EXERCISE BRIEF:
One part of the entries below is wanted: the lines from the one containing "pub data Failure : Type 0 where" through the one containing "abbrev pub kind_fits". Write those out exactly and nothing else.

LISTED ENTRIES:
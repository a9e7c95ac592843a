-- ===== src/Provider/Producer.antt =====
-- The loop of `run` in data-provider/producer.py. The Kafka client is a parameter that says what
-- becomes of each send_event; its callbacks are run at once, since the counters only add up.
-- time.sleep, which may raise, is a parameter too.
pub mod Counts
pub mod Accounts
pub mod Tests
use radiation_tracking.Prelude.{
  ℕ, ◌+◌, String, Bool, true, false, Option, none, some, List, [], ◌∷◌, ◌++◌, str_eq, if◌then◌else◌,
}
use radiation_tracking.Python.{
  Number, Value, null, bool, num, str, arr, obj, Fields, get, index, put, Result, ok, raise,
  type_error, ◌>>=◌,
}
use radiation_tracking.Provider.Rows.{CsvRow}
use radiation_tracking.Provider.Mapper.{row_to_event}
use radiation_tracking.Provider.Metrics.{
  ProducerMetrics, record_sent, record_discarded, record_error, record_bytes,
}
use radiation_tracking.Provider.SensorClassifier.{
  Trigonometry, SensorState, SensorType, fixed, mobile, classify_sensor,
}
use radiation_tracking.Provider.Speed.{Speed, apply_speed}

-- What becomes of a send_event: KafkaError, before the value was serialized or after; an acknowledgement;
-- or a failure that the errback counts.
pub data Delivery : Type 0 where
  refused : Bool → Delivery
  delivered : Delivery
  failed : Delivery

-- The variables of `run`, with the messages that reach the topic and the sleeps. `attempts` numbers
-- the sends.
pub record Producer (F : Type 0) : Type 0 where
  pub metrics : ProducerMetrics F
  pub sensors : List (String × SensorState F)
  pub prev_uploaded_ts : Option F
  pub attempts : ℕ
  pub topic : List (String × Fields F)
  pub slept : List F

-- `compression_type or None`, and None for "none"
unfoldable pub compression_of : Option String → Option String
compression_of none = none
compression_of (some text) =
    if str_eq text "" then none else if str_eq text "none" then none else some text

module _ {F : Type 0} where
  unfoldable pub a_text : Value F → Result String
  a_text (str s) = ok s
  a_text _ = raise type_error

  unfoldable pub a_number : Value F → Result F
  a_number (num x) = ok x
  a_number _ = raise type_error

  abbrev pub text_if : Value F → Option String
  text_if (str s) = some s
  text_if _ = none

  unfoldable pub sensor_label : SensorType → Value F
  sensor_label fixed = str "fixed"
  sensor_label mobile = str "mobile"

  abbrev pub sleeps_of : Option F → List F
  sleeps_of none = []
  sleeps_of (some delay) = delay ∷ []

  -- `time.sleep`, where it is called.
  abbrev pub pause : (F → Result (Unit {0})) → Option F → Result (Unit {0})
  pause sleep none = ok tt
  pause sleep (some delay) = sleep delay

  -- The counters and the topic after a send_event.
  unfoldable pub send_event :
      ℕ
      → Option F
      → Delivery
      → String × Fields F
      → ProducerMetrics F × List (String × Fields F)
      → ProducerMetrics F × List (String × Fields F)
  unfolding record_error record_sent record_bytes
  send_event size uploaded_ts (refused serialized) message (metrics, topic) =
      (record_error (if serialized then record_bytes metrics size else metrics), topic)
  send_event size uploaded_ts delivered message (metrics, topic) =
      (record_sent (record_bytes metrics size) uploaded_ts, topic ++ (message ∷ []))
  send_event size uploaded_ts failed message (metrics, topic) =
      (record_sent (record_error (record_bytes metrics size)) uploaded_ts, topic)

module _ {F : Type 0} ⦃n : Number F⦄ (trig : Trigonometry F) (threshold_m : F)
    (hexdigest : String → String) (parse_uploaded : Option String → Option F)
    (size_of : Fields F → ℕ) (deliver : ℕ → Delivery) (speed : Speed F)
    (sleep : F → Result (Unit {0})) where
  -- `event["sensor_type"] = classifier.classify(…)`
  unfoldable pub tag_event :
      List (String × SensorState F)
      → Fields F
      → Result (List (String × SensorState F) × String × Fields F)
  unfolding a_text a_number sensor_label index
  tag_event sensors event = do
    sensor_id ← index event "sensor_id" >>= a_text
    latitude ← index event "latitude" >>= a_number
    longitude ← index event "longitude" >>= a_number
    let tagged = classify_sensor trig threshold_m sensors sensor_id latitude longitude
    ok (tagged.0, sensor_id, put event "sensor_type" (sensor_label tagged.1))

  -- The rest of a round, for an event that is tagged.
  unfoldable pub publish_event :
      Producer F → List (String × SensorState F) × String × Fields F → Result (Producer F)
  unfolding send_event apply_speed
  publish_event p (sensors, sensor_id, event) =
      let uploaded_ts = parse_uploaded (text_if (get event "uploaded_at")) in
      let (metrics, topic) =
        send_event (size_of event) uploaded_ts (deliver p.attempts) (sensor_id, event)
          (p.metrics, p.topic) in
      do
        delay ← apply_speed speed uploaded_ts p.prev_uploaded_ts
        _ ← pause sleep delay
        ok (record {
          metrics = metrics;
          sensors = sensors;
          prev_uploaded_ts = uploaded_ts;
          attempts = p.attempts + 1;
          topic = topic;
          slept = p.slept ++ sleeps_of delay;
        })

  unfoldable pub produce_event : Producer F → Option (Fields F) → Result (Producer F)
  unfolding record_discarded tag_event publish_event
  produce_event p none = ok (record p { metrics = record_discarded p.metrics })
  produce_event p (some event) = tag_event p.sensors event >>= publish_event p

  -- The loop over the rows.
  unfoldable pub produce : Producer F → List CsvRow → Result (Producer F)
  unfolding produce_event
  produce p [] = ok p
  produce p (row ∷ rows) = do p' ← produce_event p (row_to_event hexdigest row); produce p' rows
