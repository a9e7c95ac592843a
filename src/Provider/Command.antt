-- ===== src/Provider/Command.antt =====
-- data-provider/__main__.py, main, with data-provider/presets.py and the composition of `run` in
-- data-provider/producer.py. The arguments are what the parser makes of the command line and of the
-- environment; argparse does not check a default against `choices`.
pub mod Run
mod Tests
use radiation_tracking.Prelude.{
  ℕ, String, Bool, Option, none, some, List, [], ◌∷◌, str_eq, if◌then◌else◌,
}
use radiation_tracking.Python.{Number, Fields, Result, ok, raise, key_error, value_error, ◌>>=◌}
use radiation_tracking.Provider.Rows.{normalise_ts}
use radiation_tracking.Provider.Metrics.{new_producer_metrics}
use radiation_tracking.Provider.SensorClassifier.{Trigonometry}
use radiation_tracking.Provider.Reader.{File, stream_rows}
use radiation_tracking.Provider.Speed.{Speed, parse_speed}
use radiation_tracking.Provider.Producer.{Delivery, Producer, produce}

-- PRESETS
abbrev pub presets : List (String × (String × String))
presets = ("fukushima", ("2011-03-11T00:00:00", "2011-04-30T23:59:59")) ∷ []

-- `PRESETS[name]`
unfoldable pub preset_in : List (String × (String × String)) → String → Result (String × String)
preset_in [] name = raise key_error
preset_in ((key, window) ∷ rest) name = if str_eq key name then ok window else preset_in rest name

pub record Arguments (F : Type 0) : Type 0 where
  pub speed : String
  pub batch_size : ℕ
  pub skip_rows : ℕ
  pub movement_threshold_m : F
  pub preset : Option String
  pub start : Option String
  pub end : Option String

-- `value or default`
abbrev pub or_bound : Option String → String → String
or_bound none default = default
or_bound (some text) default = if str_eq text "" then default else text

-- `_parse_ts(value) if value else None`
unfoldable pub parsed_bound : Option String → Option String
unfolding normalise_ts
parsed_bound none = none
parsed_bound (some text) = if str_eq text "" then none else some (normalise_ts text)

abbrev with_window : Option String → Option String → String × String → Option String × Option String
with_window start end (preset_start, preset_end) =
    (some (or_bound start preset_start), some (or_bound end preset_end))

-- The bounds that `main` passes on.
unfoldable pub bounds_of :
    Option String → Option String → Option String → Result (Option String × Option String)
unfolding preset_in parsed_bound
bounds_of none start end = ok (parsed_bound start, parsed_bound end)
bounds_of (some preset) start end =
    if str_eq preset ""
    then ok (parsed_bound start, parsed_bound end)
    else preset_in presets preset >>= λ window.
        ok (with_window (parsed_bound start) (parsed_bound end) window)

-- How `main` ends: by `sys.exit(1)`, or after the run.
pub data Exit (F : Type 0) : Type 0 where
  exits : ℕ → Exit F
  finished : Producer F → Exit F

-- The variables of `run` before its loop.
abbrev pub new_producer : {F : Type 0} → Producer F
new_producer = record {
  metrics = new_producer_metrics;
  sensors = [];
  prev_uploaded_ts = none;
  attempts = 0;
  topic = [];
  slept = [];
}

module _ {F : Type 0} ⦃n : Number F⦄ (lower : String → String) (is_finite : F → Bool)
    (trig : Trigonometry F) (hexdigest : String → String)
    (parse_uploaded : Option String → Option F) (size_of : Fields F → ℕ) (deliver : ℕ → Delivery)
    (sleep : F → Result (Unit {0})) where
  -- `run` after the speed is parsed; the file exists.
  unfoldable pub run_with :
      Arguments F → File → Speed F → Option String × Option String → Result (Producer F)
  unfolding stream_rows produce
  run_with args file speed (start_ts, end_ts) =
      let produced : Result (Producer F) =
        elim (stream_rows args.batch_size args.skip_rows start_ts end_ts lower file) [
          | none ↦ raise value_error
          | some rows ↦
              produce trig args.movement_threshold_m hexdigest parse_uploaded size_of deliver speed
                sleep new_producer rows
        ] in
      -- The constructor of the classifier comes first.
      if n.le args.movement_threshold_m n.zero then raise value_error else produced

  abbrev run_at : Arguments F → File → Result (Speed F) → Result (Exit F)
  run_at args file (raise value_error) = ok (exits 1)
  run_at args file (raise x) = raise x
  run_at args file (ok speed) = do
    bounds ← bounds_of args.preset args.start args.end
    p ← run_with args file speed bounds
    ok (finished p)

  unfoldable pub main_of : Arguments F → File → Result (Exit F)
  unfolding parse_speed bounds_of run_with
  main_of args none = ok (exits 1)
  main_of args (some file) = run_at args (some file) (parse_speed lower is_finite args.speed)
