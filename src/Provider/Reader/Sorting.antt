-- ===== src/Provider/Reader/Sorting.antt =====
-- The sort of a batch: ordered by upload time, and a rearrangement of the batch.
use mathlib.Core.List.{Perm}
use mathlib.Core.List.Perm
use radiation_tracking.Prelude.{
  ◌≡◌, refl, String, Bool, true, false, List, [], ◌∷◌, arith, Bool-cases, inl, inr,
}
use radiation_tracking.Python.Text.{text_lt}
use radiation_tracking.Provider.Rows.{CsvRow}
use radiation_tracking.Provider.Reader.{sort_key, key_lt, insert_row, sort_batch}

text_lt_asymm : (s t : String) → text_lt s t ≡ true → text_lt t s ≡ false
unfolding text_lt
text_lt_asymm String.[] String.[] h = refl
text_lt_asymm (String.◌∷◌ c s) String.[] h = absurd (ground arith)
text_lt_asymm String.[] (String.◌∷◌ d t) h = refl
text_lt_asymm (String.◌∷◌ c s) (String.◌∷◌ d t) h = ground (arith, text_lt_asymm s t)

key_lt_asymm : (a b : Bool × String) → key_lt a b ≡ true → key_lt b a ≡ false
unfolding key_lt
key_lt_asymm (false, s) (true, t) h = refl
key_lt_asymm (true, s) (false, t) h = absurd (ground arith)
key_lt_asymm (true, s) (true, t) h = text_lt_asymm s t h
key_lt_asymm (false, s) (false, t) h = text_lt_asymm s t h

module _ (order_col : String) where
  -- No row comes before its predecessor.
  abbrev Follows : CsvRow → List CsvRow → Type 0
  Follows row [] = Unit
  Follows row (x ∷ xs) = key_lt (sort_key order_col x) (sort_key order_col row) ≡ false

  abbrev pub IsSorted : List CsvRow → Type 0
  IsSorted [] = Unit
  IsSorted (x ∷ xs) = Follows x xs × IsSorted xs

  Follows-insert_row :
      (y row : CsvRow) (xs : List CsvRow)
      → Follows y xs
      → key_lt (sort_key order_col row) (sort_key order_col y) ≡ false
      → Follows y (insert_row order_col row xs)
  unfolding insert_row
  Follows-insert_row y row [] h k = k
  Follows-insert_row y row (x ∷ xs) h k =
      elim (Bool-cases (key_lt (sort_key order_col x) (sort_key order_col row))) [
        | inl e ↦ rw e h
        | inr e ↦ rw e k
      ]

  insert_row-IsSorted :
      (row : CsvRow) (xs : List CsvRow) → IsSorted xs → IsSorted (insert_row order_col row xs)
  unfolding insert_row
  insert_row-IsSorted row [] h = (tt, tt)
  insert_row-IsSorted row (x ∷ xs) h =
      elim (Bool-cases (key_lt (sort_key order_col x) (sort_key order_col row))) [
        | inl e ↦ rw e (
          Follows-insert_row x row xs h.0
              (key_lt_asymm (sort_key order_col x) (sort_key order_col row) e),
          insert_row-IsSorted row xs h.1,
        )
        | inr e ↦ rw e (e, h)
      ]

  pub sort_batch-IsSorted : (batch : List CsvRow) → IsSorted (sort_batch order_col batch)
  unfolding sort_batch
  sort_batch-IsSorted [] = tt
  sort_batch-IsSorted (row ∷ batch) =
      insert_row-IsSorted row (sort_batch order_col batch) (sort_batch-IsSorted batch)

  insert_row-perm :
      (row : CsvRow) (xs : List CsvRow) → Perm (insert_row order_col row xs) (row ∷ xs)
  unfolding insert_row
  insert_row-perm row [] = Perm.refl _
  insert_row-perm row (x ∷ xs) =
      elim (Bool-cases (key_lt (sort_key order_col x) (sort_key order_col row))) [
        | inl e ↦ rw e (Perm.trans (Perm.cons x (insert_row-perm row xs)) (Perm.swap row x xs))
        | inr e ↦ rw e (Perm.refl _)
      ]

  pub sort_batch-perm : (batch : List CsvRow) → Perm (sort_batch order_col batch) batch
  unfolding sort_batch
  sort_batch-perm [] = Perm.refl _
  sort_batch-perm (row ∷ batch) =
      Perm.trans (insert_row-perm row (sort_batch order_col batch))
        (Perm.cons row (sort_batch-perm batch))
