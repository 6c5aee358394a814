-- ===== src/Machine.antt =====
-- Machine identities: devices, services and their API keys (src/db/machine.rs).
pub mod ApiKey
pub mod Tables
pub mod Scope
pub mod Credentials
pub mod Verification
mod Examples
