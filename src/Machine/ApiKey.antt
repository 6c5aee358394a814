-- ===== src/Machine/ApiKey.antt =====
-- The text of an API key: `parse_raw_api_key` of src/db/machine.rs, and the text that
-- `insert_machine_credential` hands out.
pub mod RoundTrip
use Prim.Native.Char.{Char, code}
use Prim.Native.String.{[], ◌∷◌}
use keylo.Base.Text.{◌⧺◌, str_len, all_chars, is_ascii_hexdigit}
use keylo.Base.{
  ℕ, String, Bool, true, false, not, ◌||◌, Option, none, some, List, [], ◌∷◌, ◌==◌, eqb,
  if◌then◌else◌,
}

-- A character in front of the first component.
abbrev pub in_front : Char → List String → List String
in_front c [] = (c ∷ []) ∷ []
in_front c (part ∷ parts) = (c ∷ part) ∷ parts

-- `split('.')`
unfoldable pub split_dots : String → List String
split_dots [] = [] ∷ []
split_dots (c ∷ s) =
    let rest = split_dots s in if eqb (code c) b'.' then [] ∷ rest else in_front c rest

-- The three components, and no fourth one.
abbrev pub parse_components : List String → Option (String × String)
parse_components (prefix ∷ key_id ∷ secret ∷ []) =
    if not (prefix == "keylo")
      || not (eqb (str_len key_id) 32)
      || not (eqb (str_len secret) 32)
      || not (all_chars is_ascii_hexdigit key_id)
      || not (all_chars is_ascii_hexdigit secret)
    then none
    else some (key_id, secret)
parse_components _ = none

unfoldable pub parse_raw_api_key : String → Option (String × String)
parse_raw_api_key raw_api_key = parse_components (split_dots raw_api_key)

-- format!("keylo.{key_id}")
abbrev pub key_prefix : String → String
key_prefix key_id = "keylo." ⧺ key_id

-- format!("{prefix}.{secret}")
abbrev pub api_key : String → String → String
api_key prefix secret = prefix ⧺ "." ⧺ secret
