-- ===== src/Machine/ApiKey/RoundTrip.antt =====
-- The texts that parse are the texts that are handed out.
use Prim.Native.Char.{Char, char, code}
use Prim.Native.String.{[], ◌∷◌}
use text.Mathlib.TextLemmas.{nil-append, cons-append, append_assoc}
use text.Mathlib.TextEquality.{Char-path}
use keylo.Base.Text.{◌⧺◌, str_len, all_chars, is_ascii_hexdigit, IsHex32}
use keylo.Base.{
  ℕ, String, Bool, true, not, ◌&&◌, Option, some, List, [], ◌∷◌, ◌≡◌, ◌↔◌, refl, ap, sym, ◌∙◌,
  arith, ◌==◌, eq_iff, eqb, Bool-cases, inl, inr,
}
use keylo.Machine.ApiKey.{
  in_front, split_dots, parse_components, parse_raw_api_key, key_prefix, api_key,
}

abbrev not_dot : ℕ → Bool
not_dot c = not (eqb c b'.')

dot-split : (rest : String) → split_dots ("." ⧺ rest) ≡ [] ∷ split_dots rest
unfolding split_dots
dot-split rest = rw (cons-append, nil-append) refl

-- A component without a dot ends where the first dot is.
split-component :
    (part rest : String)
    → all_chars not_dot part ≡ true
    → split_dots (part ⧺ "." ⧺ rest) ≡ part ∷ split_dots rest
unfolding split_dots
split-component [] rest plain = rw nil-append (dot-split rest)
split-component (c ∷ part) rest plain =
    rw cons-append (ground (arith, plain, split-component part rest))

split-last : (part : String) → all_chars not_dot part ≡ true → split_dots part ≡ part ∷ []
unfolding split_dots
split-last [] plain = refl
split-last (c ∷ part) plain = ground (arith, split-last part)

hex-plain :
    (part : String) → all_chars is_ascii_hexdigit part ≡ true → all_chars not_dot part ≡ true
hex-plain [] hex = refl
hex-plain (c ∷ part) hex = ground (arith, hex-plain part)

-- Components with dots between them.
join_dots : List String → String
join_dots [] = []
join_dots (part ∷ []) = part
join_dots (part ∷ next ∷ parts) = part ⧺ "." ⧺ join_dots (next ∷ parts)

join-in_front :
    (c : Char) (parts : List String) → join_dots (in_front c parts) ≡ c ∷ join_dots parts
unfolding join_dots
join-in_front c [] = refl
join-in_front c (part ∷ []) = refl
join-in_front c (part ∷ next ∷ parts) = rw cons-append refl

dot-join :
    (part : String) (parts : List String)
    → join_dots ([] ∷ part ∷ parts) ≡ char b'.' tt ∷ join_dots (part ∷ parts)
unfolding join_dots
dot-join part parts = rw (nil-append, cons-append, nil-append) refl

in_front-cons :
    (c : Char) (parts : List String)
    → (part : String) × (rest : List String) × (in_front c parts ≡ part ∷ rest)
in_front-cons c [] = (c ∷ [], [], refl)
in_front-cons c (part ∷ parts) = (c ∷ part, parts, refl)

split-cons : (s : String) → (part : String) × (rest : List String) × (split_dots s ≡ part ∷ rest)
unfolding split_dots
split-cons [] = ([], [], refl)
split-cons (c ∷ s) = elim (Bool-cases (eqb (code c) b'.')) [
  | inl dot ↦ ([], split_dots s, rw dot refl)
  | inr other ↦ rw other (in_front-cons c (split_dots s))
]

join-split : (s : String) → join_dots (split_dots s) ≡ s
unfolding split_dots join_dots
join-split [] = refl
join-split (c ∷ s) = elim (Bool-cases (eqb (code c) b'.')) [
  | inl dot ↦
      let (part, parts, shape) = split-cons s in
      let is_dot : c ≡ char b'.' tt = Char-path c (char b'.' tt) (ground (arith, dot)) in
      cc (shape, dot, is_dot, dot-join part parts, join-split s)
  | inr other ↦ cc (other, join-in_front c (split_dots s), join-split s)
]

-- What the three tests of the parser say together.
parse_components-eq-some :
    (parts : List String) (key_id secret : String)
    → parse_components parts ≡ some (key_id, secret)
    → (parts ≡ "keylo" ∷ key_id ∷ secret ∷ []) × IsHex32 key_id × IsHex32 secret
parse_components-eq-some [] key_id secret e = cc
parse_components-eq-some (p ∷ []) key_id secret e = cc
parse_components-eq-some (p ∷ k ∷ []) key_id secret e = cc
parse_components-eq-some (p ∷ k ∷ s ∷ x ∷ parts) key_id secret e = cc
parse_components-eq-some (p ∷ k ∷ s ∷ []) key_id secret e =
    let keylo : (p == "keylo") ≡ true = ground (arith, e) in
    let lengths : (eqb (str_len k) 32 && eqb (str_len s) 32) ≡ true = ground (arith, e) in
    let digits : (all_chars is_ascii_hexdigit k && all_chars is_ascii_hexdigit s) ≡ true =
      ground (arith, e) in
    let same : Path (Option (String × String)) (some (k, s)) (some (key_id, secret)) =
      ground (arith, e) in
    let first = (eq_iff p "keylo").0 keylo in
    let second : k ≡ key_id = cc (same) in
    let third : s ≡ secret = cc (same) in
    (
      cc (first, second, third),
      rw⁻¹ second (ground (arith, lengths), ground (arith, digits)),
      rw⁻¹ third (ground (arith, lengths), ground (arith, digits)),
    )

parse_components-keylo :
    (key_id secret : String)
    → IsHex32 key_id
    → IsHex32 secret
    → parse_components ("keylo" ∷ key_id ∷ secret ∷ []) ≡ some (key_id, secret)
parse_components-keylo key_id secret (len, hex) (len', hex') = ground arith

join-keylo :
    (key_id secret : String)
    → join_dots ("keylo" ∷ key_id ∷ secret ∷ []) ≡ api_key (key_prefix key_id) secret
unfolding join_dots
join-keylo key_id secret =
    rw (append_assoc "keylo." key_id ("." ⧺ secret))
      (sym (append_assoc "keylo" "." (key_id ⧺ "." ⧺ secret)))

split-api_key :
    (key_id secret : String)
    → IsHex32 key_id
    → IsHex32 secret
    → split_dots (api_key (key_prefix key_id) secret) ≡ "keylo" ∷ key_id ∷ secret ∷ []
unfolding join_dots
split-api_key key_id secret (len, hex) (len', hex') = rw (sym (join-keylo key_id secret)) (
    cc (
      split-component "keylo" (key_id ⧺ "." ⧺ secret) refl,
      split-component key_id secret (hex-plain key_id hex),
      split-last secret (hex-plain secret hex'),
    ))

-- A text is read as an API key with a key identifier and a secret exactly when these are 32
-- hexadecimal digits each and the text is the one that is handed out for them.
pub parse_raw_api_key_iff :
    (raw_api_key key_id secret : String)
    → (parse_raw_api_key raw_api_key ≡ some (key_id, secret))
      ↔ ((raw_api_key ≡ api_key (key_prefix key_id) secret) × IsHex32 key_id × IsHex32 secret)
unfolding parse_raw_api_key
parse_raw_api_key_iff raw_api_key key_id secret = (
  λ read.
      let parsed = parse_components-eq-some (split_dots raw_api_key) key_id secret read in
      (
        sym (join-split raw_api_key) ∙ ap join_dots parsed.0 ∙ join-keylo key_id secret,
        parsed.1,
        parsed.2,
      ),
  λ (same, hex, hex').
      cc
        (same, split-api_key key_id secret hex hex', parse_components-keylo key_id secret hex hex'),
)
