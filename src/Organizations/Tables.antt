-- ===== src/Organizations/Tables.antt =====
-- The rows that the organization statements read and write. Times are Unix seconds; NOW() is an
-- argument of each transaction.
use keylo.Base.Results.{Result, ok, err}
use keylo.Base.{ℕ, String, Bool, true, false, ◌&&◌, ◌||◌, Option, some, List, ◌==◌, ltb, not}
use keylo.Session.Tables.{RefreshSession, is_none, coalesce, same_text}

-- organizations
pub record Organization : Type 0 where
  pub id : String
  pub slug : String
  pub name : String
  pub kind : String
  pub status : String
  pub created_at : ℕ
  pub updated_at : ℕ

-- principals
pub record Principal : Type 0 where
  pub id : String
  pub principal_type : String
  pub subject : String
  pub ref_id : String
  pub display_name : String
  pub active : Bool
  pub updated_at : ℕ

-- The columns of users that these statements read.
pub record User : Type 0 where
  pub id : String
  pub active : Bool
  pub user_class : String

-- organization_memberships
pub record Membership : Type 0 where
  pub organization_id : String
  pub principal_id : String
  pub status : String
  pub joined_at : ℕ
  pub invited_by : Option String
  pub management_role : String
  pub updated_at : ℕ

-- The columns of oidc_authorization_codes that these statements read.
pub record AuthorizationCode : Type 0 where
  pub organization_id : Option String
  pub user_id : String
  pub consumed_at : Option ℕ

pub record Db : Type 0 where
  pub organizations : List Organization
  pub principals : List Principal
  pub users : List User
  pub organization_memberships : List Membership
  pub refresh_sessions : List RefreshSession
  pub oidc_authorization_codes : List AuthorizationCode

-- What a transaction fails with: `anyhow::bail!` of a text, or a UNIQUE constraint.
pub data Failure : Type 0 where
  bail : String → Failure
  constraint_violation : Failure

-- `if !test { bail!(text) }`
abbrev pub ensure : Bool → String → Result Unit Failure
ensure true text = ok tt
ensure false text = err (bail text)

abbrev pub is_membership : String → String → Membership → Bool
is_membership organization_id principal_id m =
    m.organization_id == organization_id && m.principal_id == principal_id

-- matches!(class, "internal_employee" | "external_customer")
abbrev pub is_known_class : String → Bool
is_known_class c = c == "internal_employee" || c == "external_customer"

-- Customers belong to customer organizations only.
abbrev pub kind_fits : Organization → String → Bool
kind_fits organization user_class =
    not (user_class == "external_customer" && not (organization.kind == "customer"))

-- SET revoked_at = NOW(), revoke_reason = COALESCE(revoke_reason, reason)
abbrev pub end_session : ℕ → String → RefreshSession → RefreshSession
end_session now reason s = record s {
  revoked_at = some now;
  revoke_reason = coalesce s.revoke_reason (some reason);
}

-- revoked_at IS NULL AND expires_at > NOW()
abbrev pub is_live : ℕ → RefreshSession → Bool
is_live now s = is_none s.revoked_at && ltb now s.expires_at

abbrev pub in_organization : String → RefreshSession → Bool
in_organization organization_id s = same_text s.organization_id (some organization_id)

SOLUTION FOR THIS EXERCISE:
pub data Failure : Type 0 where
  bail : String → Failure
  constraint_violation : Failure

-- `if !test { bail!(text) }`
abbrev pub ensure : Bool → String → Result Unit Failure
ensure true text = ok tt
ensure false text = err (bail text)

abbrev pub is_membership : String → String → Membership → Bool
is_membership organization_id principal_id m =
    m.organization_id == organization_id && m.principal_id == principal_id

-- matches!(class, "internal_employee" | "external_customer")
abbrev pub is_known_class : String → Bool
is_known_class c = c == "internal_employee" || c == "external_customer"

-- Customers belong to customer organizations only.
abbrev pub kind_fits : Organization → String → Bool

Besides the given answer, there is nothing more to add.